DESCRIPTION OF THE TASK -
Starting from the first line below, count every line holding the word "Table", then state the total alone.

Collected data entries -
-- ===== src/Store/Kept.antt =====
-- What an operation keeps of the store, whether or not it goes through: the rules by which a
-- property of the store passes through the steps of a `do` block.
use restaurant_pos.Base.{◌≡◌, refl}
use restaurant_pos.Base.Result.{Result, ok, err}
use restaurant_pos.Store.{M, Store, lift, modify, ◌>>=◌, ◌>>◌}

module _ (P : Store → Type 0) where
  unfoldable pub Keeps : {A : Type 0} → M A → Type 0
  Keeps m = (s : Store) → P s → P (m s).1

  pub Keeps-read : {A : Type 0} (r : Store → Result A) → Keeps (λ s. lift (r s) s)
  unfolding Keeps
  Keeps-read r s h = h

  pub Keeps-bind :
      {A B : Type 0} (m : M A) (f : A → M B) → Keeps m → ((a : A) → Keeps (f a)) → Keeps (m >>= f)
  unfolding Keeps
  Keeps-bind {A = A} {B = B} m f k l s h = go (m s) (k s h)
    where
      go :
          (r : Result A × Store)
          → P r.1
          → (let next : Result B × Store = elim r.0 [ ok a ↦ f a r.1 | err e ↦ (err e, r.1) ] in
              P next.1)
      go (ok a, t) p = l a t p
      go (err e, t) p = p

  pub Keeps-then : {A B : Type 0} (m : M A) (k : M B) → Keeps m → Keeps k → Keeps (m >> k)
  Keeps-then m k a b = Keeps-bind m (λ _. k) a (λ _. b)

  -- A step that only computes: what follows may use what was computed.
  pub Keeps-lift :
      {A B : Type 0} (r : Result A) (f : A → M B)
      → ((a : A) → r ≡ ok a → Keeps (f a))
      → Keeps (lift r >>= f)
  unfolding Keeps
  Keeps-lift (ok a) f k s h = k a refl s h
  Keeps-lift (err e) f k s h = h

  pub Keeps-modify : (f : Store → Store) → ((s : Store) → P s → P (f s)) → Keeps (modify f)
  unfolding Keeps
  Keeps-modify f k s h = k s h
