-- ===== src/Orders/Stored.antt =====
-- What is stored of an order after an operation on it: what follows the write leaves it there.
use restaurant_pos.Base.{
  ℕ, ◌≡◌, sym, subst, inl, inr, Bool, true, false, Option, none, some, List, [], ◌∷◌, arith,
  Bool-cases, Option-cases, find, ◌==◌,
}
use restaurant_pos.Base.Table.{Table, get, get-put_self}
use restaurant_pos.Base.Result.{Result, Result-cases, ok}
use restaurant_pos.Store.{Store, AuditAction, pure, gets, lift, modify, ◌>>=◌, ◌>>◌}
use restaurant_pos.Store.Kept.{Keeps, Keeps-bind, Keeps-then, Keeps-lift, Keeps-modify}
use restaurant_pos.Auth.Policy.{User, can, transition_order_status}
use restaurant_pos.Inventory.Types.{Trigger}
use restaurant_pos.Inventory.Ledger.{
  MovementInput, append_stock_movement, with_movement, mark_deducted, check_movement, is_deducted,
}
use restaurant_pos.Billing.Access.{save_bill, record_audit_event}
use restaurant_pos.Billing.Editing.Items.{remove_voided_item}
use restaurant_pos.Orders.Edit.{EditInput, apply_edit, carry_out_edit, remove_ids_from_bill}
use restaurant_pos.Kds.Board.{sync_order_into_kds}
use restaurant_pos.Orders.Types.{Order, OrderItem, OrderStatus}
use restaurant_pos.Orders.Deduct.{
  Requirement, deduct_requirements, deduct_item, deduct_items, deduction_of, requirements,
  deduction_trigger,
}
use restaurant_pos.Orders.Update.{update_order, load_order}
use restaurant_pos.Orders.Laws.{check_stock-store}
use restaurant_pos.Orders.Transition.{check_stock, take_stock, move_status, transition_order}

-- Taking stock leaves the orders alone.
module _ (P : Table Order → Type 0) where
  pure-Keeps : {A : Type 0} (a : A) → Keeps (λ s. P s.orders) (pure a)
  unfolding Keeps
  pure-Keeps a = λ s h. h

  gets-Keeps : {A : Type 0} (f : Store → A) → Keeps (λ s. P s.orders) (gets f)
  unfolding Keeps
  gets-Keeps f = λ s h. h

  append-Keeps :
      (input : MovementInput) (actor : Option ℕ) (now id : ℕ)
      → Keeps (λ s. P s.orders) (append_stock_movement input actor now id)
  unfolding append_stock_movement Keeps with_movement
  append-Keeps input actor now id s h = subst P (sym same) h
    where
      same : (append_stock_movement input actor now id s).1.orders ≡ s.orders
      same = elim (Option-cases (find (λ i. i.id == input.item) s.stock.items)) [
        | inl e ↦ ground arith
        | inr (i, e) ↦ elim (Bool-cases (check_movement s.stock input).0) [
          | inr f ↦ ground arith
          | inl a ↦ elim (Bool-cases (check_movement s.stock input).1) [
            | inr f ↦ ground arith
            | inl b ↦ elim (Bool-cases (check_movement s.stock input).2) [
              | inr f ↦ ground arith
              | inl c ↦ ground arith
            ]
          ]
        ]
      ]

  requirements-Keeps :
      (o : Order) (i : OrderItem) (t : Trigger) (actor now : ℕ) (rs : List Requirement)
      → Keeps (λ s. P s.orders) (deduct_requirements o i t actor now rs)
  unfolding deduct_requirements
  requirements-Keeps o i t actor now [] = pure-Keeps tt
  requirements-Keeps o i t actor now (r ∷ rs) =
      Keeps-then (λ s. P s.orders) _ _ (append-Keeps (deduction_of o i t r) (some actor) now 0)
        (requirements-Keeps o i t actor now rs)

  deduct_item-Keeps :
      (link : Bool) (o : Order) (t : Trigger) (actor now : ℕ) (i : OrderItem)
      → Keeps (λ s. P s.orders) (deduct_item link o t actor now i)
  unfolding deduct_item mark_deducted
  deduct_item-Keeps link o t actor now i =
      Keeps-bind (λ s. P s.orders) _ _ (gets-Keeps (λ s. is_deducted s.stock i.id t)) rest
    where
      rest :
          (done : Bool)
          → Keeps
              (λ s. P s.orders)
              (elim done [
                | true ↦ pure tt
                | false ↦ do
                  stock ← gets (λ s. s.stock)
                  rs ← lift (requirements link stock i)
                  deduct_requirements o i t actor now rs
                  modify (mark_deducted o.id i.id t)
              ])
      rest true = pure-Keeps tt
      rest false =
          Keeps-bind (λ s. P s.orders) _ _ (gets-Keeps (λ s. s.stock))
            λ stock.
              Keeps-lift (λ s. P s.orders) (requirements link stock i) _
                λ rs _.
                  Keeps-then (λ s. P s.orders) _ _ (requirements-Keeps o i t actor now rs)
                    (Keeps-modify (λ s. P s.orders) (mark_deducted o.id i.id t) (λ s h. h))

  deduct_items-Keeps :
      (link : Bool) (o : Order) (t : Trigger) (actor now : ℕ) (is : List OrderItem)
      → Keeps (λ s. P s.orders) (deduct_items link o t actor now is)
  unfolding deduct_items
  deduct_items-Keeps link o t actor now [] = pure-Keeps tt
  deduct_items-Keeps link o t actor now (i ∷ is) =
      Keeps-then (λ s. P s.orders) _ _ (deduct_item-Keeps link o t actor now i)
        (deduct_items-Keeps link o t actor now is)

  pub take_stock-Keeps :
      (link : Bool) (user : User) (o : Order) (t : Option Trigger) (now : ℕ)
      → Keeps (λ s. P s.orders) (take_stock link user o t now)
  unfolding take_stock
  take_stock-Keeps link user o none now = pure-Keeps tt
  take_stock-Keeps link user o (some t) now = deduct_items-Keeps link o t user.id now o.items

  remove_voided_item-Keeps :
      (session id now : ℕ) → Keeps (λ s. P s.orders) (remove_voided_item session id now)
  unfolding remove_voided_item save_bill Keeps
  remove_voided_item-Keeps session id now s h = subst P (sym same) h
    where
      same : (remove_voided_item session id now s).1.orders ≡ s.orders
      same = elim (Option-cases (get s.bills session)) [
        | inl e ↦ ground arith
        | inr (x, e) ↦ ground arith
      ]

  pub remove_ids-Keeps :
      (session : Option ℕ) (ids : List ℕ) (now : ℕ)
      → Keeps (λ s. P s.orders) (remove_ids_from_bill session ids now)
  unfolding remove_ids_from_bill Keeps
  remove_ids-Keeps none ids now = λ s h. h
  remove_ids-Keeps (some x) [] now = λ s h. h
  remove_ids-Keeps (some x) (id ∷ ids) now =
      Keeps-then (λ s. P s.orders) (remove_voided_item x id now)
        (remove_ids_from_bill (some x) ids now) (remove_voided_item-Keeps x id now)
        (remove_ids-Keeps (some x) ids now)

pub update_order-stored :
    (id expected now : ℕ) (mutate : Order → Result Order) (s : Store) (y : Order)
    → (update_order id expected mutate now s).0 ≡ ok y
    → get (update_order id expected mutate now s).1.orders id ≡ some y
unfolding update_order load_order
update_order-stored id expected now mutate s y h = elim (Option-cases (get s.orders id)) [
  | inl e ↦ ground arith
  | inr (x, e) ↦ elim (Bool-cases (x.version == expected)) [
    | inr f ↦ ground arith
    | inl t ↦ elim (Result-cases (mutate x)) [
      | inr (c, f) ↦ ground arith
      | inl (d, g) ↦ let written = get-put_self s.orders id y in ground arith
    ]
  ]
]

-- The order that a transition gives back is the one that is stored afterwards.
pub transition_order-stored :
    (link : Bool) (user : User) (id expected : ℕ) (next : OrderStatus) (now : ℕ) (s : Store)
    (y : Order)
    → (transition_order link user id expected next now s).0 ≡ ok y
    → get (transition_order link user id expected next now s).1.orders id ≡ some y
unfolding transition_order sync_order_into_kds Keeps
transition_order-stored link user id expected next now s y h =
    let t = deduction_trigger s.stock.trigger_policy next in
    let kept = check_stock-store link id t s in
    elim (Bool-cases (can user transition_order_status)) [
      | inr f ↦ ground arith
      | inl a ↦ elim (Result-cases (check_stock link id t s).0) [
        | inr (c, f) ↦ ground arith
        | inl (_, b) ↦
            let change = update_order id expected (move_status user next now) now in
            elim (Result-cases (change s).0) [
              | inr (c, f) ↦ ground arith
              | inl (o, g) ↦
                  let stored =
                    take_stock-Keeps (λ z. get z id ≡ some o) link user o t now (change s).1
                      (update_order-stored id expected now (move_status user next now) s o g) in
                  elim (Result-cases (take_stock link user o t now (change s).1).0) [
                    | inr (c, f) ↦ ground arith
                    | inl (_, e) ↦ ground arith
                  ]
            ]
      ]
    ]

-- So is the order that an edit gives back.
pub carry_out_edit-stored :
    (user : User) (id : ℕ) (input : EditInput) (added : List OrderItem) (now : ℕ) (s : Store)
    (y : Order)
    → (carry_out_edit user id input added now s).0 ≡ ok y
    → get (carry_out_edit user id input added now s).1.orders id ≡ some y
unfolding carry_out_edit sync_order_into_kds record_audit_event Keeps
carry_out_edit-stored user id input added now s y h =
    let change = update_order id input.expected (apply_edit user input added now) now in
    elim (Result-cases (change s).0) [
      | inr (z, f) ↦ ground arith
      | inl (o, g) ↦
          let audited =
            (record_audit_event AuditAction.order_edited user.id o.id 0 now (change s).1).1 in
          let stored =
            remove_ids-Keeps (λ z. get z id ≡ some o) o.session input.remove_items now audited
              (update_order-stored id input.expected now (apply_edit user input added now) s o g) in
          elim (Result-cases (remove_ids_from_bill o.session input.remove_items now audited).0) [
            | inr (z, f) ↦ ground arith
            | inl (_, f) ↦ ground arith
          ]
    ]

REPLY -
2